Former Delhi law minister Jitender Singh Tomar, whose police custody was on Saturday extended by two days in the fake degree case, tied himself up in knots while parrying basic questions on chemistry, which he claimed to have studied at a college in UP's Faizabad.

Tomar appeared clueless when a team of teachers and cops asked him the common names of compounds such as H2O (water) and NaCl (salt).

The AAP MLA, who gave wrong answers to all basic queries, ended the session with a gem: "All chemistry is one chemistry," he said, a tad philosophically, when quizzed about the types of chemistry taught in the Faizabad college.

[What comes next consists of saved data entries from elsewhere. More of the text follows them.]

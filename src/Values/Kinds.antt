-- ===== src/Values/Kinds.antt =====
-- The kinds of values and the integers in them, src/value.rs.
use text.Mathlib.Text.{◌==◌ as ◌=text=◌}
use mlua.Base.{ℕ, ◌+◌, ◌≤◌, ◌<◌, ◌≡◌, ◌↔◌, refl, true, Option, some, arith, ap}
use mlua.Base.Integer.{ℤ, pos, negsuc}
use mlua.Values.{
  is_nil, is_null, is_boolean, is_light_userdata, is_integer, is_number, is_string, is_table,
  is_function, is_thread, is_userdata, is_error, nil, boolean, light_userdata, integer, number,
  string, table, function, thread, userdata, error, other, Value, Floats, type_name, is_nil,
  is_null, is_boolean, is_light_userdata, is_integer, is_number, is_string, is_table, is_function,
  is_thread, is_userdata, is_error, signed, as_i32, as_integer, unsigned, and_then, as_u32, as_u64,
  as_isize, as_usize,
}

-- The integers from -m to m - 1, and those from 0.
abbrev pub InSigned : ℕ → ℤ → Type 0
InSigned m (pos n) = n < m
InSigned m (negsuc n) = n + 1 ≤ m

abbrev pub InUnsigned : ℕ → ℤ → Type 0
InUnsigned m (pos n) = n < m
InUnsigned m (negsuc n) = ⊥

signed_iff : (m : ℕ) (i j : ℤ) → (signed m i ≡ some j) ↔ ((i ≡ j) × InSigned m j)
unfolding signed
signed_iff m (pos a) (pos b) = (λ h. (ground arith, ground arith), λ (e, h). ground arith)
signed_iff m (pos a) (negsuc b) = (λ h. (ground arith, ground arith), λ (e, h). ground arith)
signed_iff m (negsuc a) (pos b) = (λ h. (ground arith, ground arith), λ (e, h). ground arith)
signed_iff m (negsuc a) (negsuc b) = (λ h. (ground arith, ground arith), λ (e, h). ground arith)

unsigned_iff : (m : ℕ) (i j : ℤ) → (unsigned m i ≡ some j) ↔ ((i ≡ j) × InUnsigned m j)
unfolding unsigned
unsigned_iff m (pos a) (pos b) = (λ h. (ground arith, ground arith), λ (e, h). ground arith)
unsigned_iff m (pos a) (negsuc b) = (λ h. (ground arith, ground arith), λ (e, h). ground arith)
unsigned_iff m (negsuc a) (pos b) = (λ h. (ground arith, ground arith), λ (e, h). ground arith)
unsigned_iff m (negsuc a) (negsuc b) = (λ h. (ground arith, ground arith), λ (e, h). ground arith)

module _ {F : Type 0} where
  converted_iff :
      (f : ℤ → Option ℤ) (P : ℤ → Type 0)
      → ((i j : ℤ) → (f i ≡ some j) ↔ ((i ≡ j) × P j))
      → (v : Value F) (j : ℤ) → (and_then (as_integer v) f ≡ some j) ↔ ((v ≡ integer j) × P j)
  unfolding as_integer and_then
  converted_iff f P h (integer i) j =
      (λ e. let (p, q) = (h i j).0 e in (ap (λ k. integer k) p, q), λ (e, q). (h i j).1 (cc, q))
  converted_iff f P h v j = (λ e. cc, λ (e, q). cc)

  -- Each accessor for a type of integers gives the integer of a value exactly if it is one, and in the range of the
  -- type; it never wraps.
  pub as_integer_iff :
      (v : Value F) (i : ℤ)
      → ((as_i32 v ≡ some i) ↔ ((v ≡ integer i) × InSigned 2147483648 i))
        × ((as_u32 v ≡ some i) ↔ ((v ≡ integer i) × InUnsigned 4294967296 i))
        × ((as_u64 v ≡ some i) ↔ ((v ≡ integer i) × InUnsigned 18446744073709551616 i))
        × ((as_isize v ≡ some i) ↔ ((v ≡ integer i) × InSigned 9223372036854775808 i))
        × ((as_usize v ≡ some i) ↔ ((v ≡ integer i) × InUnsigned 18446744073709551616 i))
  unfolding as_i32 as_u32 as_u64 as_isize as_usize
  as_integer_iff v i = (
    converted_iff (signed 2147483648) (InSigned 2147483648) (signed_iff 2147483648) v i,
    converted_iff (unsigned 4294967296) (InUnsigned 4294967296) (unsigned_iff 4294967296) v i,
    converted_iff (unsigned 18446744073709551616) (InUnsigned 18446744073709551616)
        (unsigned_iff 18446744073709551616) v i,
    converted_iff (signed 9223372036854775808) (InSigned 9223372036854775808)
        (signed_iff 9223372036854775808) v i,
    converted_iff (unsigned 18446744073709551616) (InUnsigned 18446744073709551616)
        (unsigned_iff 18446744073709551616) v i,
  )

module _ {F : Type 0} (floats : Floats F) where
  -- The test for each kind of value holds exactly for the values of that name, a null being one of the light
  -- userdata.
  pub is-type_name :
      (v : Value F)
      → (is_nil floats v ≡ (type_name v =text= "nil"))
        × (is_boolean v ≡ (type_name v =text= "boolean"))
        × (is_light_userdata v ≡ (type_name v =text= "lightuserdata"))
        × (is_integer v ≡ (type_name v =text= "integer"))
        × (is_number v ≡ (type_name v =text= "number"))
        × (is_string v ≡ (type_name v =text= "string"))
        × (is_table v ≡ (type_name v =text= "table"))
        × (is_function v ≡ (type_name v =text= "function"))
        × (is_thread v ≡ (type_name v =text= "thread"))
        × (is_userdata v ≡ (type_name v =text= "userdata"))
        × (is_error v ≡ (type_name v =text= "error"))
        × (is_null floats v ≡ true → type_name v ≡ "lightuserdata")
  unfolding is_nil is_null is_boolean is_light_userdata is_integer is_number is_string is_table
      is_function is_thread is_userdata is_error type_name
  is-type_name nil = (refl, refl, refl, refl, refl, refl, refl, refl, refl, refl, refl, λ h. cc)
  is-type_name (boolean b) =
      (refl, refl, refl, refl, refl, refl, refl, refl, refl, refl, refl, λ h. cc)
  is-type_name (light_userdata p) =
      (refl, refl, refl, refl, refl, refl, refl, refl, refl, refl, refl, λ h. refl)
  is-type_name (integer i) =
      (refl, refl, refl, refl, refl, refl, refl, refl, refl, refl, refl, λ h. cc)
  is-type_name (number n) =
      (refl, refl, refl, refl, refl, refl, refl, refl, refl, refl, refl, λ h. cc)
  is-type_name (string b p) =
      (refl, refl, refl, refl, refl, refl, refl, refl, refl, refl, refl, λ h. cc)
  is-type_name (table p) =
      (refl, refl, refl, refl, refl, refl, refl, refl, refl, refl, refl, λ h. cc)
  is-type_name (function p) =
      (refl, refl, refl, refl, refl, refl, refl, refl, refl, refl, refl, λ h. cc)
  is-type_name (thread p) =
      (refl, refl, refl, refl, refl, refl, refl, refl, refl, refl, refl, λ h. cc)
  is-type_name (userdata p) =
      (refl, refl, refl, refl, refl, refl, refl, refl, refl, refl, refl, λ h. cc)
  is-type_name (error e) =
      (refl, refl, refl, refl, refl, refl, refl, refl, refl, refl, refl, λ h. cc)
  is-type_name (other p) =
      (refl, refl, refl, refl, refl, refl, refl, refl, refl, refl, refl, λ h. cc)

Source: Tomar clueless on H2O, says 'all chemistry one chemistry' - The Times of India


----------



## GhorMaanas (Jun 14, 2015)

now i see that JST's allegation that the police is torturing him is absolutely true! 

P.S. - he couldn't show/take the police officials to the college's restroom in Faizabad when asked to locate or direct the personnel to it; instead took all of them on a tour of the campus, yet still couldn't locate the loo. even forgot to use his nose!


----------



## Faun (Jun 14, 2015)

Too much filler news by media.


----------